Records to process Block Start

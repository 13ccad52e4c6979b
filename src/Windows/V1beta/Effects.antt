-- ===== src/Windows/V1beta/Effects.antt =====
-- mount-manager/safe-mounter-v1beta_windows.go: what its calls have done.
use csi_runtime.Base.{
  String, ◌≡◌, refl, Bool, true, false, not, List, [], ◌∷◌, ◌++◌, Result, ok, err, arith,
}
use csi_runtime.Base.Prog.{ask, succeed}
use csi_runtime.Base.Exec.{exec}
use csi_runtime.Base.Yields.{
  Newest, Yields-newest, Yields, Yields->>=, Yields-ask, Yields-ret, Leaves, Leaves->>=,
  Leaves-same->>=, Leaves-ask, Leaves-ret, Leaves-when, Yields-when,
}
use csi_runtime.Windows.Proxy.{Fault}
use csi_runtime.Windows.V1beta.{format_and_mount, format_volume_and_mount, first_volume}
use csi_runtime.Windows.V1beta.Calls.{
  partition_disk, set_attach_state, list_volumes_on_disk, is_volume_formatted, format_volume,
  mount_volume, Event, Oracle, Call, Answer,
}

-- Only a volume that was just found not to be formatted is ever formatted.
abbrev pub FormatsOnlyBlank : List Event → Type 0
FormatsOnlyBlank [] = Unit {0}
FormatsOnlyBlank ((format_volume v, _) ∷ (is_volume_formatted w, ok formatted) ∷ h) =
    (v ≡ w) × (formatted ≡ false) × FormatsOnlyBlank h
FormatsOnlyBlank ((format_volume v, _) ∷ h) = ⊥
FormatsOnlyBlank (_ ∷ h) = FormatsOnlyBlank h

-- The volume is the first on the disk, which was partitioned and brought online.
abbrev pub OnDisk : String → String → List Event → Type 0
OnDisk n v
      ((list_volumes_on_disk a, ok (u ∷ _))
        ∷ (set_attach_state b true, ok _)
        ∷ (partition_disk c, ok _)
        ∷ h) =
    (u ≡ v) × (a ≡ n) × (b ≡ n) × (c ≡ n)
OnDisk n v _ = ⊥

-- The volume was formatted, or has been now.
abbrev pub Ready : String → String → List Event → Type 0
Ready n v ((is_volume_formatted w, ok true) ∷ h) = (w ≡ v) × OnDisk n v h
Ready n v ((format_volume w, ok _) ∷ (is_volume_formatted u, ok false) ∷ h) =
    (w ≡ v) × (u ≡ v) × OnDisk n v h
Ready n v _ = ⊥

-- The last call mounted a volume that was ready.
abbrev pub Mounted : String → String → List Event → Type 0
Mounted n target ((mount_volume v t, ok _) ∷ h) = (t ≡ target) × Ready n v h
Mounted n target _ = ⊥

-- The last call said whether the volume is formatted, after a history with `P`.
abbrev Found : (List Event → Type 0) → String → Bool → List Event → Type 0
Found P v b h = (h' : List Event) × (h ≡ (is_volume_formatted v, ok b) ∷ h') × P h'

abbrev Checked : String → Result Fault Bool → List Event → Type 0
Checked v (ok b) h = Found FormatsOnlyBlank v b h
Checked v (err e) h = FormatsOnlyBlank h

after_check :
    (v : String) (h : List Event) (r : Result Fault Bool)
    → FormatsOnlyBlank h
    → Checked v r ((is_volume_formatted v, r) ∷ h)
after_check v h (ok b) p = (h, refl, p)
after_check v h (err e) p = p

not-false : (b : Bool) → not b ≡ false → b ≡ true
not-false b e = ground arith

not-true : (b : Bool) → not b ≡ true → b ≡ false
not-true b e = ground arith

volume_yields :
    (n : String) (v target : String)
    → Yields (OnDisk n v) (format_volume_and_mount v target) (λ _. Mounted n target)
unfolding format_volume_and_mount succeed
volume_yields n v target =
    Yields->>= {Q = Found (OnDisk n v) v} _ _
      (Yields-ask (is_volume_formatted v) {Q = Found (OnDisk n v) v} λ h b on. (h, refl, on))
      λ b.
        Yields->>= {Q = λ _. Ready n v} _ _
          (Yields-when (not b) _ _
            (λ u.
              Yields-ask {P = Found (OnDisk n v) v b} (format_volume v) {Q = λ _. Ready n v}
                λ h r (h', e, on). rw (e, not-true b u) (refl, refl, on))
            (λ f.
              Yields-ret {P = Found (OnDisk n v) v b} _
                λ h r (h', e, on) done. rw (e, not-false b f) (refl, on)))
          (λ _.
            Yields-ask (mount_volume v target) {Q = λ _. Mounted n target}
              λ h u ready. (refl, ready))

safe_ask :
    (c : Call)
    → ((h : List Event) (r : Answer c) → FormatsOnlyBlank h → FormatsOnlyBlank ((c, r) ∷ h))
    → Leaves FormatsOnlyBlank (ask c) (λ _. FormatsOnlyBlank)
safe_ask c k = Leaves-ask c k

volume_leaves :
    (v target : String)
    → Leaves FormatsOnlyBlank (format_volume_and_mount v target) (λ _. FormatsOnlyBlank)
unfolding format_volume_and_mount succeed
volume_leaves v target =
    Leaves->>= {Q = Checked v} _ _
      (Leaves-ask {P = FormatsOnlyBlank} (is_volume_formatted v) {Q = Checked v} (after_check v))
      (λ b.
        Leaves->>= {Q = λ _. FormatsOnlyBlank} _ _
          (Leaves-when (not b) _ _
            (λ u.
              Leaves-ask {P = Found FormatsOnlyBlank v b} (format_volume v)
                λ h r (h', e, safe). rw (e, not-true b u) (refl, refl, safe))
            (λ f. Leaves-ret {P = Found FormatsOnlyBlank v b} _ λ h (h', e, safe). rw e safe))
          (λ _. safe_ask (mount_volume v target) λ h r safe. safe) (λ e h p. p))
      (λ e h p. p)

-- What the calls before `format_volume_and_mount` leave.
abbrev listing : String → List String → List Event
listing k vs =
    (list_volumes_on_disk k, ok vs)
    ∷ (set_attach_state k true, ok tt)
    ∷ (partition_disk k, ok tt)
    ∷ []

first_on :
    (k : String) (vs : List String) (v : String) (h : List Event)
    → first_volume vs ≡ ok v
    → OnDisk k v (listing k vs ++ h)
first_on k [] v h f = absurd (cc f)
first_on k (u ∷ us) v h f = (cc f, refl, refl, refl)

listing-OnDisk :
    (k : String) (vs : List String) (h : List Event) (v : String)
    → Newest (listing k vs) h
    → first_volume vs ≡ ok v
    → OnDisk k v h
listing-OnDisk k vs h v n f = rw (n.newest) (first_on k vs v n.before f)

mounts :
    (source target fstype : String) (options : List String)
    → Yields
        (Newest [])
        (format_and_mount source target fstype options)
        (λ _. Mounted source target)
unfolding format_and_mount
mounts source target fstype options = Yields->>= _ _ (Yields-newest (partition_disk source) []) λ _.
    Yields->>= _ _ (Yields-newest (set_attach_state source true) _) λ _.
      Yields->>= _ _ (Yields-newest (list_volumes_on_disk source) _) λ vs.
        Yields->>= {Q = OnDisk source} _ _
          (Yields-ret (first_volume vs) λ h v l f. listing-OnDisk source vs h v l f)
          λ v. volume_yields source v target

keeps :
    (source target fstype : String) (options : List String)
    → Leaves FormatsOnlyBlank
        (format_and_mount source target fstype options)
        (λ _. FormatsOnlyBlank)
unfolding format_and_mount
keeps source target fstype options =
    Leaves-same->>= _ _ (safe_ask (partition_disk source) λ h r p. p) λ _.
      Leaves-same->>= _ _ (safe_ask (set_attach_state source true) λ h r p. p) λ _.
        Leaves-same->>= _ _ (safe_ask (list_volumes_on_disk source) λ h r p. p) λ vs.
          Leaves-same->>= _ _ (Leaves-ret {Q = λ _. FormatsOnlyBlank} (first_volume vs) λ h p. p)
            λ v. volume_leaves v target

-- Whatever the calls answer, `FormatAndMount` keeps it so that no volume was formatted but one that
-- `IsVolumeFormatted` had just said to be unformatted.
keeps_data_beta :
    (o : Oracle) (source target fstype : String) (options : List String) (h : List Event)
    → FormatsOnlyBlank h
    → FormatsOnlyBlank (exec o (format_and_mount source target fstype options) h).1
keeps_data_beta o source target fstype options h safe =
    (keeps source target fstype options).leaves o h safe

-- When `FormatAndMount` succeeds, its last call mounted at the target the first volume of the disk
-- of that ID, which was partitioned and brought online; the volume was formatted before, or
-- was formatted now.
format_and_mount_ok_beta :
    (o : Oracle) (source target fstype : String) (options : List String) (h : List Event)
    → (exec o (format_and_mount source target fstype options) h).0 ≡ ok tt
    → Mounted source target (exec o (format_and_mount source target fstype options) h).1
format_and_mount_ok_beta o source target fstype options h done =
    (mounts source target fstype options).yields o h tt (record { before = h; newest = refl }) done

Records to process Block End

From the entries, work out how many lines include the word "false", answering with the number only.

Exercise output:
7